But the results turn out to be quite different—the vast majority offer an equal split. Yet, when an offer comes around that offers $2 or less, it is almost always rejected, even though $2 is better than nothing.10 And this effect persists even when played for thousands of dollars and persists across nearly all cultures.
Splitting and Anchoring in Charity
This sense of fairness persists into helping as well—people generally have a strong tendency not to want to help more than the other people around them, and if they find themselves the only ones helping on a frequent basis, they start to feel a “sucker”. On the flipside, if others are doing more, they will follow suit.11,12,13
Those told the average donation to a charity nearly always tend to give that amount, even if the average told to them is a lie, having secretly been increased or decreased. And it can be replicated even without lying—those told about an above average gift were far more likely to donate more, even attempting to match that gift.14,15 Overall, we tend to match the behavior of our reference class—those people we identify with—and this includes how much we help. We donate more when we believe others are donating more, and donate less when we believe others are doing so.
Challenging the Self-Interest Norm
But there’s a way to break this cycle of futility, responsibility, and fairness—challenge the norm by openly communicating about helping others. While many religious and secular values insist that the best giving is anonymous giving, this turns out to not always be the case. While there may be other reasons to give anonymously, don’t forget the benefits of giving openly—being open about helping inspires others to help, and can help challenge the norms of the culture.

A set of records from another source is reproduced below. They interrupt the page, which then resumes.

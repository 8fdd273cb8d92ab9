-- ===== src/Storage/Events.antt =====
-- src-tauri/src/storage/events.rs: events.jsonl of a run, as bytes. A run without the file has an
-- empty one: both read the same.
pub mod Lines
pub mod Tail
use open_covibe_web.Common.{
  ℕ, zero, suc, ◌++◌, or_else, ◌+◌, ◌-◌, String, str_eq, Bool, true, false, ◌&&◌, ◌||◌, Option,
  none, some, List, [], ◌∷◌, ◌==◌, if◌then◌else◌, ltb, leb, length, any, max, unwrap_or,
}
use open_covibe_web.Models.Json.{Json, bool, num, obj, Fields, end, field, get, get_str, get_u64}

-- What the code relies on: `from_str` is serde_json's on the text of the bytes, with a sign for what
-- is no UTF-8, `to_string` its printing, and a file is readable as a whole if it is UTF-8 and its disk
-- works.
pub record Serde : Type 0 where
  pub from_str : List ℕ → Option Json
  pub to_string : Json → List ℕ
  pub readable : List ℕ → Bool

-- Unicode white space of two and of three bytes in UTF-8.
abbrev space2 : ℕ → ℕ → Bool
space2 b c = (b == 0xc2) && ((c == 0x85) || (c == 0xa0))

abbrev space3 : ℕ → ℕ → ℕ → Bool
space3 b c d =
    ((b == 0xe1) && ((c == 0x9a) && (d == 0x80)))
    || ((b == 0xe2)
        && (((c == 0x80) && (leb d 0x8a || ((d == 0xa8) || ((d == 0xa9) || (d == 0xaf)))))
            || ((c == 0x81) && (d == 0x9f))))
    || ((b == 0xe3) && ((c == 0x80) && (d == 0x80)))

abbrev space1 : ℕ → Bool
space1 b = (leb 9 b && leb b 13) || (b == 32)

-- `l.trim().is_empty()`.
unfoldable pub is_blank : List ℕ → Bool
is_blank [] = true
is_blank (b ∷ []) = space1 b
is_blank (b ∷ c ∷ []) = (space1 b && space1 c) || space2 b c
is_blank (b ∷ c ∷ d ∷ bs) =
    let after1 = is_blank (c ∷ d ∷ bs) in
    let after2 = is_blank (d ∷ bs) in
    let after3 = is_blank bs in
    if space1 b then after1 else if space2 b c then after2 else space3 b c d && after3

abbrev pub is_newline : List ℕ → Bool
is_newline [] = false
is_newline (b ∷ bs) = b == 10

abbrev pub longer : ℕ → List (List ℕ) → List (List ℕ)
longer b [] = (b ∷ []) ∷ []
longer b (l ∷ ls) = (b ∷ l) ∷ ls

-- `str::lines`: a line ends at LF or CR LF.
unfoldable pub lines : List ℕ → List (List ℕ)
lines [] = []
lines (b ∷ bs) =
    let rest = lines bs in
    if b == 10 then [] ∷ rest else if (b == 13) && is_newline bs then rest else longer b rest

-- The value of a line that is not blank.
abbrev pub line_value : Serde → List ℕ → Option Json
line_value t l = if is_blank l then none else t.from_str l

abbrev pub or_nothing : Option Json → List Json
or_nothing none = []
or_nothing (some v) = v ∷ []

-- The values of the lines that parse.
abbrev pub values : Serde → List (List ℕ) → List Json
values t [] = []
values t (l ∷ ls) = or_nothing (line_value t l) ++ values t ls

abbrev pub seq_of : Option ℕ → List ℕ
seq_of none = []
seq_of (some n) = n ∷ []

abbrev pub seqs : List Json → List ℕ
seqs [] = []
seqs (v ∷ vs) = seq_of (get_u64 "seq" v) ++ seqs vs

abbrev pub larger : ℕ → Option ℕ → ℕ
larger n none = n
larger n (some m) = max n m

abbrev pub maximum : List ℕ → Option ℕ
maximum [] = none
maximum (n ∷ ns) = some (larger n (maximum ns))

-- The sequence numbers in a text.
abbrev pub seqs_in : Serde → List ℕ → List ℕ
seqs_in t content = seqs (values t (lines content))

abbrev pub scan_max_seq : Serde → List ℕ → Option ℕ
scan_max_seq t content = maximum (seqs_in t content)

abbrev pub skip : ℕ → List ℕ → List ℕ
skip zero bs = bs
skip (suc n) [] = []
skip (suc n) (b ∷ bs) = skip n bs

-- What follows the first newline; nothing without one.
abbrev pub after_newline : List ℕ → List ℕ
after_newline [] = []
after_newline (b ∷ bs) = let rest = after_newline bs in if b == 10 then bs else rest

abbrev pub tail_size : ℕ
tail_size = 4096

-- The lines of the last 4 KiB, less the first one, which may be a part of a line.
unfoldable pub max_seq_in_tail : Serde → List ℕ → Option ℕ
max_seq_in_tail t file =
    if ltb tail_size (length file)
    then scan_max_seq t (after_newline (skip (length file - tail_size) file))
    else scan_max_seq t file

abbrev pub after : Option ℕ → ℕ
after none = 1
after (some m) = m + 1

abbrev pub scan_all : Serde → List ℕ → Option ℕ
scan_all t file = if t.readable file then scan_max_seq t file else none

unfoldable pub next_seq : Serde → List ℕ → ℕ
next_seq t file =
    if length file == 0 then 1 else after (or_else (max_seq_in_tail t file) (scan_all t file))

abbrev pub replay_types : List String
replay_types =
    "session_init" ∷ "message_delta" ∷ "thinking_delta" ∷ "tool_input_delta" ∷ "message_complete"
    ∷ "user_message" ∷ "tool_start" ∷ "tool_end" ∷ "run_state" ∷ "usage_update"
    ∷ "permission_denied" ∷ "permission_prompt" ∷ "compact_boundary" ∷ "system_status"
    ∷ "auth_status" ∷ "hook_started" ∷ "hook_response" ∷ "control_cancelled" ∷ "task_notification"
    ∷ "tool_progress" ∷ "tool_use_summary" ∷ "command_output" ∷ "files_persisted" ∷ "hook_progress"
    ∷ "hook_callback" ∷ "elicitation_prompt" ∷ "rate_limit_event" ∷ "codex_hook_run" ∷ []

abbrev pub is_replayable_type : Option String → Bool
is_replayable_type none = false
is_replayable_type (some tag) = any (str_eq tag) replay_types

-- `is_replayable`, of an event as JSON.
unfoldable pub is_replayable : Json → Bool
is_replayable event = is_replayable_type (get_str "type" event)

-- `Map::insert`: in its place, or at the end.
abbrev pub put_field : String → Json → Fields → Fields
put_field k v end = field k v end
put_field k v (field j w fs) =
    let rest = put_field k v fs in if str_eq j k then field k v fs else field j w rest

abbrev pub put : String → Json → Json → Json
put k v (obj fs) = obj (put_field k v fs)
put k v w = w

abbrev pub put_opt : String → Option Json → Json → Json
put_opt k none event = event
put_opt k (some v) event = put k v event

-- The event as the frontend gets it, with the time and the number of its envelope.
abbrev pub replayed : Json → ℕ → Json → Json
replayed v seq event = put "_seq" (num seq) (put_opt "ts" (get "ts" v) event)

abbrev pub is_bus : Option Json → Bool
is_bus (some (bool b)) = b
is_bus _ = false

abbrev pub replay_event : ℕ → Json → Option ℕ → Option Json → List Json
replay_event min_seq v (some seq) (some event) =
    if ltb min_seq seq && is_replayable event then replayed v seq event ∷ [] else []
replay_event min_seq v (some seq) none = []
replay_event min_seq v none event = []

unfoldable pub replay_value : ℕ → Json → List Json
replay_value min_seq v =
    if is_bus (get "_bus" v) then replay_event min_seq v (get_u64 "seq" v) (get "event" v) else []

abbrev pub replay : ℕ → List Json → List Json
replay min_seq [] = []
replay min_seq (v ∷ vs) = replay_value min_seq v ++ replay min_seq vs

unfoldable pub list_bus_events : Serde → List ℕ → Option ℕ → List Json
list_bus_events t file since_seq =
    if t.readable file then replay (unwrap_or 0 since_seq) (values t (lines file)) else []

Indeed, many organizations now exist to help challenge the norms of donations and try to create a culture where they give more. GivingWhatWeCan is a community of 230 people (including me!) who have all pledged to donate at least 10% of their income to organizations working on ending extreme poverty, and submit statements proving so. BolderGiving has a bunch of inspiring stories of over 100 people who all give at least 20% of their income, with a dozen giving over 90%! And these aren’t all rich people, some of them are even ordinary students.
Who’s Willing to Be Altruistic?
While people are not saints, experiments have shown that people tend to grossly overestimate how self-interested other people are—for one example, people estimated that males would overwhelmingly favor a piece of legislation to “slash research funding to a disease that affects only women”, even while—being male—they themselves do not support such legislation.16
This also manifests itself in an expectation that people be “self-interested” in their philanthropic cause—suggesting much stronger support for volunteers in Students Against Drunk Driving who themselves knew people killed in drunk driving accidents versus those people who had no such personal experiences but just thought it to be “a very important cause”.17
Alex de Tocqueville, echoing the early economists who expected $9/$1 splits in the Ultimatum Game, wrote in 1835 that “Americans enjoy explaining almost every act of their lives on the principle of self-interest”.18 But this isn’t always the case, and in challenging the norm, people make it more acceptable to be altruistic. It’s not just “goody two-shoes”, and it’s praiseworthy to be “too charitable”.
A Bit of a Nudge
A somewhat pressing problem in getting people to help was in organ donation—surely no one was inconvenienced by having their organs donated after they had died. Yet, why would people not sign up? And how could we get more people to sign up?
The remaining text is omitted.